Requirement — When a line in the entries contains the word "room", copy that line in full.

[Records supplied Boundary: Start]

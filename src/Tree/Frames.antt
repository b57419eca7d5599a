-- ===== src/Tree/Frames.antt =====
-- An inode stands for the same node in states that agree on it, its bit and the bytes of its
-- entries, whatever the callbacks of a1b/a1fs.c have done elsewhere.
use extent_based_fs.Base.{
  ℕ, zero, suc, ◌*◌, ◌+◌, ◌%◌, ◌≤◌, ◌<◌, ◌≡◌, ◌≢◌, refl, ap, ◌∙◌, ◌⊎◌, true, false, List, [], ◌∷◌,
  some, arith, Bool, Bool-cases, ltb, inl, inr,
}
use extent_based_fs.Types.{FsCtx}
use extent_based_fs.Image.{Bytes, name_addr}
use extent_based_fs.Bitmap.{check_bit_usage}
use extent_based_fs.Dir.{dentry_addrs}
use extent_based_fs.Dir.Lookup.{IsDir, first_with}
use extent_based_fs.Dir.Entries.{AllSlots}
use extent_based_fs.Dir.{block_addr}
use extent_based_fs.Alloc.DirBlock.{entry_offsets}
use extent_based_fs.Entry.Elsewhere.{Lacks}
use extent_based_fs.Entry.Fill.{dentry_ino_same, has_name_same}
use extent_based_fs.Catalog.{Row, unused, used, Names}
use extent_based_fs.Catalog.Shows.{Holds, Shows}
use extent_based_fs.Catalog.Steps.{Represents}
use extent_based_fs.Tree.{Node, vacant, bare, folder, blank, stored, dropped}
use extent_based_fs.Tree.Shape.{Stands, HoldsFile, Each, block_of, IsClean}

-- The images agree on the entries at these offsets.
abbrev pub AllSame : (img img' : Bytes) → List ℕ → Type 0
AllSame img img' es = Each (λ a. (x : ℕ) → a ≤ x → x < a + 256 → img' x ≡ img x) es

pub AllSame-refl : (img : Bytes) (es : List ℕ) → AllSame img img es
AllSame-refl img [] = tt
AllSame-refl img (a ∷ es) = (λ x p q. refl, AllSame-refl img es)

pub AllSame-Lacks :
    (img img' : Bytes) (size a : ℕ) (es : List ℕ)
    → a % 256 ≡ 0
    → ((x : ℕ) → (x < a) ⊎ (a + 256 ≤ x) → img' x ≡ img x)
    → AllSlots size es
    → Lacks a es
    → AllSame img img' es
AllSame-Lacks img img' size a [] aligned same slots out = tt
AllSame-Lacks img img' size a (b ∷ es) aligned same slots out = (
  λ x p q. outside x p q aligned slots.0.0 out.0,
  AllSame-Lacks img img' size a es aligned same slots.1 out.1,
)
  where
    outside : (x : ℕ) → b ≤ x → x < b + 256 → a % 256 ≡ 0 → b % 256 ≡ 0 → a ≢ b → img' x ≡ img x
    outside x p q m n ne = same x (omega arith)

Holds-AllSame :
    (img img' : Bytes) (a : ℕ) (r : Row)
    → ((x : ℕ) → a ≤ x → x < a + 256 → img' x ≡ img x)
    → Holds img a r
    → Holds img' a r
Holds-AllSame img img' a unused same h =
    (dentry_ino_same img' img a same ∙ h.0, same (name_addr a) (omega arith) (omega arith) ∙ h.1)
Holds-AllSame img img' a (used name ino) same h = (
  dentry_ino_same img' img a same ∙ h.0,
  has_name_same img' img a same name h.2.0.short ∙ h.1,
  h.2,
)

pub Shows-AllSame :
    (img img' : Bytes) (es : List ℕ) (rows : List Row)
    → AllSame img img' es
    → Shows img es rows
    → Shows img' es rows
Shows-AllSame img img' [] [] same h = tt
Shows-AllSame img img' [] (r ∷ rows) same h = h
Shows-AllSame img img' (b ∷ es) [] same h = h
Shows-AllSame img img' (b ∷ es) (r ∷ rows) same h =
    (Holds-AllSame img img' b r same.0 h.0, Shows-AllSame img img' es rows same.1 h.1)

-- Images that agree on the pieces of a block agree on its bytes.
AllSame-pieces :
    (img img' : Bytes) (left a : ℕ)
    → AllSame img img' (entry_offsets left a)
    → (x : ℕ) → a ≤ x
    → x < a + 256 * left
    → img' x ≡ img x
unfolding entry_offsets
AllSame-pieces img img' zero a same x lo hi = absurd (omega arith)
AllSame-pieces img img' (suc left) a same x lo hi = elim (Bool-cases (ltb x (a + 256))) [
  | inl near ↦ same.0 x lo (ground arith)
  | inr far ↦ AllSame-pieces img img' left (a + 256) same.1 x (ground arith) (omega arith)
]

-- What a directory or inode `j` depends on.
pub record Agrees (s t : FsCtx) (es : List ℕ) (j : ℕ) : Type 0 where
  pub size : t.size ≡ s.size
  pub region : t.sb.sb_first_data_block ≡ s.sb.sb_first_data_block
  pub table : t.sb.sb_inode_table ≡ s.sb.sb_inode_table
  pub inode : t.itable j ≡ s.itable j
  pub bit : check_bit_usage t.inode_bits j ≡ check_bit_usage s.inode_bits j
  pub image : AllSame s.image t.image es

module _ {s t : FsCtx} {es : List ℕ} {j : ℕ} (same : Agrees s t es j) where
  IsDir-Agrees : IsDir s j es → IsDir t j es
  unfolding dentry_addrs
  IsDir-Agrees is = record {
    in_table = rw (same.region, same.table) is.in_table;
    entries = rw (same.size, same.region, same.inode) is.entries;
  }

  pub Represents-Agrees :
      {m : Names} {room : ℕ} → Represents s j es m room → Represents t j es m room
  Represents-Agrees r = record {
    is = IsDir-Agrees r.is;
    distinct = r.distinct;
    rows = r.rows;
    shows = Shows-AllSame s.image t.image es r.rows same.image r.shows;
    tidy = r.tidy;
    names = r.names;
    left = r.left;
  }

  HoldsFile-Agrees :
      {size : ℕ} {content : Bytes} → HoldsFile s es j size content → HoldsFile t es j size content
  HoldsFile-Agrees h = record {
    block = h.block;
    pieces = rw same.region h.pieces;
    last = rw same.inode h.last;
    start = rw same.inode h.start;
    count = rw same.inode h.count;
    reach = h.reach;
    recorded = rw same.inode h.recorded;
    covers = h.covers;
    length = rw same.inode h.length;
    positive = h.positive;
    small = h.small;
    bytes = λ x lt. rw same.region (
        AllSame-pieces s.image t.image 16 (block_addr s.sb.sb_first_data_block h.block)
          (rw h.pieces at same.image) (block_addr s.sb.sb_first_data_block h.block + x)
          (omega arith) (omega arith)
        ∙ h.bytes x lt);
  }

  pub Stands-Agrees : (v : Node) → Stands s es j v → Stands t es j v
  Stands-Agrees vacant h = (same.bit ∙ h.0, h.1)
  Stands-Agrees bare h = (same.bit ∙ h.0, h.1, rw same.inode h.2, rw same.inode h.3)
  Stands-Agrees (folder m room) h = (same.bit ∙ h.0, Represents-Agrees h.1, h.2, rw same.inode h.3)
  Stands-Agrees blank h = (same.bit ∙ h.0, h.1, rw same.inode h.2, rw same.inode h.3)
  Stands-Agrees (stored size content) h = (same.bit ∙ h.0, HoldsFile-Agrees h.1)
  Stands-Agrees dropped h = (same.bit ∙ h.0, h.1)

-- The entry that a search finds is one of the entries.
pub first_with-Each :
    (test : ℕ → Bool) (P : ℕ → Type 0) (es : List ℕ) {a : ℕ}
    → first_with test es ≡ some a
    → Each P es
    → P a
unfolding first_with
first_with-Each test P [] e h = cc
first_with-Each test P (b ∷ es) {a} e h = elim (Bool-cases (test b)) [
  | inl hit ↦ let found : some b ≡ some a = rw hit at e in let same : b ≡ a = cc in rw (← same) h.0
  | inr miss ↦ first_with-Each test P es (rw miss at e) h.1
]

-- A block that is free holds none of the bytes of an entry in a block that is in use.
pub IsClean-entry :
    (s : FsCtx) (img' : Bytes) (a limit : ℕ)
    → a % 256 ≡ 0
    → check_bit_usage s.block_bits (block_of s a) ≡ true
    → ((x : ℕ) → (x < a) ⊎ (a + 256 ≤ x) → img' x ≡ s.image x)
    → IsClean s.image s.block_bits s.sb.sb_first_data_block limit
    → IsClean img' s.block_bits s.sb.sb_first_data_block limit
IsClean-entry s img' a limit aligned set same clean k x below unset lo hi =
    elim (Bool-cases (ltb x a)) [
      | inl left ↦ same x (ground arith) ∙ clean k x below unset lo hi
      | inr left ↦ elim (Bool-cases (ltb x (a + 256))) [
        | inl inside ↦
            let there : block_of s a ≡ k = in_block a (le left) (lt inside) aligned in
            cc (set, unset, ap (check_bit_usage s.block_bits) there)
        | inr right ↦ same x (ground arith) ∙ clean k x below unset lo hi
      ]
    ]
  where
    le : ltb x a ≡ false → a ≤ x
    le h = ground arith

    lt : ltb x (a + 256) ≡ true → x < a + 256
    lt h = ground arith

    in_block : (b : ℕ) → b ≤ x → x < b + 256 → b % 256 ≡ 0 → block_of s b ≡ k
    in_block b p q m = omega (arith, lo, hi)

[Records supplied Boundary: End]

Reply —
      {m : Names} {room : ℕ} → Represents s j es m room → Represents t j es m room
  Stands-Agrees (folder m room) h = (same.bit ∙ h.0, Represents-Agrees h.1, h.2, rw same.inode h.3)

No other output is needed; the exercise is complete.